CAN I GET COURT SUPERVISION?Maybe. For a first offense, drivers may be able to get court supervision. Court supervision is a supervisory period (typically 12 to 18 months), during which drivers follow various terms and conditions set by the Court. By successfully completing the period of supervision, drivers can avoid a DUI conviction. Instead, the case will be adjudicated without conviction. As a result, the Secretary of State will not revoke the driver's license.
To maximize the chances of getting court supervision, drivers should retain an experienced attorney who concentrates in criminal, traffic, and DUI cases.

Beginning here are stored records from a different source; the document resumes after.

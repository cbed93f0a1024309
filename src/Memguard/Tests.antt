-- ===== src/Memguard/Tests.antt =====
-- The memory guard on small inputs.
use tgshd.Base.{
  not, ℕ, ◌≤◌, ◌<◌, [], ◌∷◌, true, false, ◌≡◌, ◌⊎◌, refl, inr, none, some, arith, Bytes, codes,
  bytes_beq, trim, trim_left, trim_right, cut_prefix, cut_suffix, has_prefix, has_suffix,
  after_last, lookup, insert, take, All,
}
use mathlib.Core.List.{Memᴰ}
use tgshd.Health.Types.{Time}
use tgshd.Memguard.Types.{
  unit, mode_act, restart, stop, restarted, Config, Service, Sample, ServiceKey, service_key_eq,
  Point, Host, Intervention, Decision, Culprit,
}
use tgshd.Memguard.Eligibility.{
  is_service_cgroup, holds_from, holds_self, is_core_unit, never_touch, service_of,
}
use tgshd.Memguard.Eligibility.Safety.{IsServicePath, IsForeign, Untouched, service_of-eligible}
use tgshd.Memguard.Ring.{Ring, new_ring, add, latest, reset, nth_newest}
use tgshd.Memguard.Ring.Window.{IsValid, to_list, to_list-add}
use tgshd.Memguard.Culprit.{Entry, growth, growth_loop, culprit, choose, candidate, beats}
use tgshd.Memguard.Culprit.Choice.{NoCandidate, IsCandidate, Unbeaten, culprit_lem}
use tgshd.Memguard.Guard.{
  Guard, Entries, new_guard, observe_services, sample_all, sampled, entry_for, judge_anew,
}
use tgshd.Memguard.Guard.Presence.{IsFresh}
use tgshd.Memguard.Guard.History.{IsHeld}
use tgshd.Memguard.Records.{counts, action_for, last_loop}
use tgshd.Memguard.Records.Repeat.{action_for_lem}
use tgshd.Memguard.Episode.{
  is_danger, track, decide, decide_with, decide_on, build_up, judge, observe_host, blamed,
}
use tgshd.Memguard.Episode.Inputs.{host, services, step, Reach, start, next}
use tgshd.Memguard.Episode.Diagram.{Edge, view, kind_of, observe_host-Edge}
use tgshd.Memguard.Episode.Runs.{run_start, Counts, Reach-Counts}

abbrev cfg : Config
cfg = record {
  culprit_window = 10_000_000_000;
  culprit_min_growth = 10;
  never_touch = codes "db*" ∷ [];
  self_cgroup = codes "system.slice/tgshd.service";
  mode = mode_act;
  danger_available_percent = 10;
  danger_pressure_percent = 5;
  danger_for = 10;
  repeat_window = 1000;
  recovery_window = 100;
}

abbrev web_path : Bytes
web_path = codes "/system.slice/web.service"

abbrev web : Bytes
web = codes "web.service"

web_is_eligible : (service_of bytes_beq cfg unit web web_path).eligible ≡ true
unfolding service_of is_service_cgroup holds_self holds_from is_core_unit never_touch trim trim_left
    trim_right cut_prefix cut_suffix has_prefix has_suffix after_last
web_is_eligible = refl

service_of-eligible_example :
    IsServicePath (trim b'/' web_path)
    × IsForeign (trim b'/' cfg.self_cgroup) (trim b'/' web_path)
    × (unit ≡ unit → is_core_unit web ≡ false)
    × Untouched bytes_beq unit web cfg.never_touch
    × ((service_of bytes_beq cfg unit web web_path).is_protected ≡ false)
service_of-eligible_example = service_of-eligible bytes_beq cfg unit web web_path web_is_eligible

abbrev point : Time → ℕ → Point
point at anon = record { at = at; anon = anon }

-- A ring of two points that has come round.
abbrev full_ring : Ring
full_ring = record { points = point 20 300 ∷ point 10 100 ∷ []; next = 1; n = 2 }

full_ring-IsValid : IsValid 2 full_ring
full_ring-IsValid = record { sized = refl; next_below = omega arith; filled = omega arith }

to_list-add_example :
    IsValid 2 (add full_ring (point 30 700))
    × (to_list (add full_ring (point 30 700)) ≡ point 30 700 ∷ take 1 (to_list full_ring))
    × (latest (add full_ring (point 30 700)) ≡ point 30 700)
to_list-add_example = to_list-add 1 full_ring (point 30 700) full_ring-IsValid

abbrev web_service : Service
web_service = record {
  id = codes "unit:web.service";
  kind = unit;
  name = web;
  cgroup_path = web_path;
  eligible = true;
  is_protected = false;
}

abbrev web_entry : Entry
web_entry = record { service = web_service; history = full_ring; seen = 2 }

abbrev web_key : ServiceKey
web_key = record { kind = unit; name = web }

abbrev entries : Entries
entries = (web_key, web_entry) ∷ []

culprit_lem_example :
    ((culprit cfg 21 entries ≡ none) × NoCandidate cfg 21 entries)
    ⊎ ((c : Culprit) × (culprit cfg 21 entries ≡ some c)
        × IsCandidate cfg 21 c entries
        × Unbeaten cfg 21 c entries)
culprit_lem_example = culprit_lem cfg 21 entries

abbrev sample : Bytes → ℕ → Sample
sample path anon = record { kind = unit; name = web; cgroup_path = path; anon = anon }

-- A guard that has seen one entry at its 2nd sample.
abbrev seeing : Guard
seeing = record (new_guard cfg) { gen = 2; entries = entries }

seeing-IsFresh : IsFresh seeing
unfolding lookup
seeing-IsFresh = record { keyed = (refl, tt); bounded = omega arith; seen = (refl, tt) }

web_entry-IsHeld : IsHeld 2 web_entry
web_entry-IsHeld = record { allocated = inr full_ring-IsValid; tracked = λ h. full_ring-IsValid }

abbrev stopped_once : Intervention
stopped_once = record {
  service_id = codes "unit:web.service";
  name = web;
  action = restart;
  at = 5;
  before = 400;
  mode = mode_act;
}

action_for_stops : action_for 1000 (codes "unit:web.service") 90 (stopped_once ∷ []) ≡ (stop, 5)
unfolding action_for last_loop
action_for_stops = refl

action_for_lem_example :
    let id = codes "unit:web.service" in
    ((r : Intervention) × (action_for 1000 id 90 (stopped_once ∷ []) ≡ (stop, r.at))
      × Memᴰ r (stopped_once ∷ [])
      × (counts 1000 id 90 r ≡ true)
      × All (λ o. counts 1000 id 90 o ≡ true → o.at ≤ r.at) (stopped_once ∷ [])
      × (0 < cfg.repeat_window)
      × (0 < r.at))
    ⊎ ((action_for 1000 id 90 (stopped_once ∷ []) ≡ (restart, 0))
        × ((cfg.repeat_window ≡ 0)
            ⊎ All (λ o. counts 1000 id 90 o ≡ true → o.at ≡ 0) (stopped_once ∷ [])))
action_for_lem_example =
    action_for_lem cfg.repeat_window (codes "unit:web.service") 90 (stopped_once ∷ [])

-- Two samples of a service that grows, and two readings of danger.
abbrev reading : Time → Host
reading at = record { at = at; available_pct = 3; full_avg10 = 40 }

abbrev after_one : Guard
after_one = (step bytes_beq (new_guard cfg) (services 5 (sample web_path 100 ∷ []))).0

abbrev after_two : Guard
after_two = (step bytes_beq after_one (services 10 (sample web_path 400 ∷ []))).0

abbrev in_danger : Guard
in_danger = (step bytes_beq after_two (host (reading 12))).0

in_danger-Reach : Reach bytes_beq cfg in_danger (reading 12 ∷ [])
in_danger-Reach = next (host (reading 12)) (
    next (services 10 (sample web_path 400 ∷ []))
      (next (services 5 (sample web_path 100 ∷ [])) start))

Reach-Counts_example : (in_danger.cfg ≡ cfg) × Counts cfg in_danger (reading 12 ∷ [])
Reach-Counts_example = Reach-Counts bytes_beq in_danger-Reach (omega arith, tt)

holds_danger : 0 < in_danger.cfg.danger_for
unfolding step observe_services sample_all sampled entry_for judge_anew service_of is_service_cgroup
    holds_self holds_from is_core_unit never_touch trim trim_left trim_right cut_prefix cut_suffix
    has_prefix has_suffix after_last insert lookup new_guard new_ring reset add latest nth_newest
    growth growth_loop candidate choose culprit beats action_for last_loop observe_host judge track
    is_danger build_up decide decide_with decide_on
holds_danger = omega arith

observe_host-Edge_example :
    let (g, d) = observe_host (reading 25) in_danger in
    let readings = reading 25 ∷ reading 12 ∷ [] in
    Edge
      (view
        (reading 25)
        in_danger
        (run_start (is_danger cfg) readings)
        (run_start (λ x. not (is_danger cfg x)) readings))
      in_danger.episode.state
      (kind_of d)
      g.episode.state
observe_host-Edge_example =
    observe_host-Edge bytes_beq cfg in_danger (reading 12 ∷ []) (reading 25) in_danger-Reach
      holds_danger (omega arith, (omega arith, tt))

abbrev blamed_web : Culprit
blamed_web = record { service = web_service; before = 100; size = 400; growth = 300; window = 5 }

abbrev restart_web : Decision
restart_web = record {
  act = true;
  outcome = blamed (reading 25) blamed_web restart 0 restarted;
  intervention = some (record stopped_once { at = 25; before = 400 });
}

Only first-time offenders are eligible for court supervision. All other offenders will face license revocation upon conviction for a DUI.
CAN I GET MY LICENSE BACK?Yes, eventually. After revocation, drivers can eventually apply for reinstatement. Usually, they will be required to attend a formal hearing in Springfield. To prevail at the hearing, however, drivers will need to convince the Hearing Officer that they are not a threat to public safety.
Once again, drivers should retain an experienced attorney to prepare and represent them at the hearing. People rarely, if ever, succeed in a formal hearing without the advice of an attorney who regularly handles reinstatement hearings.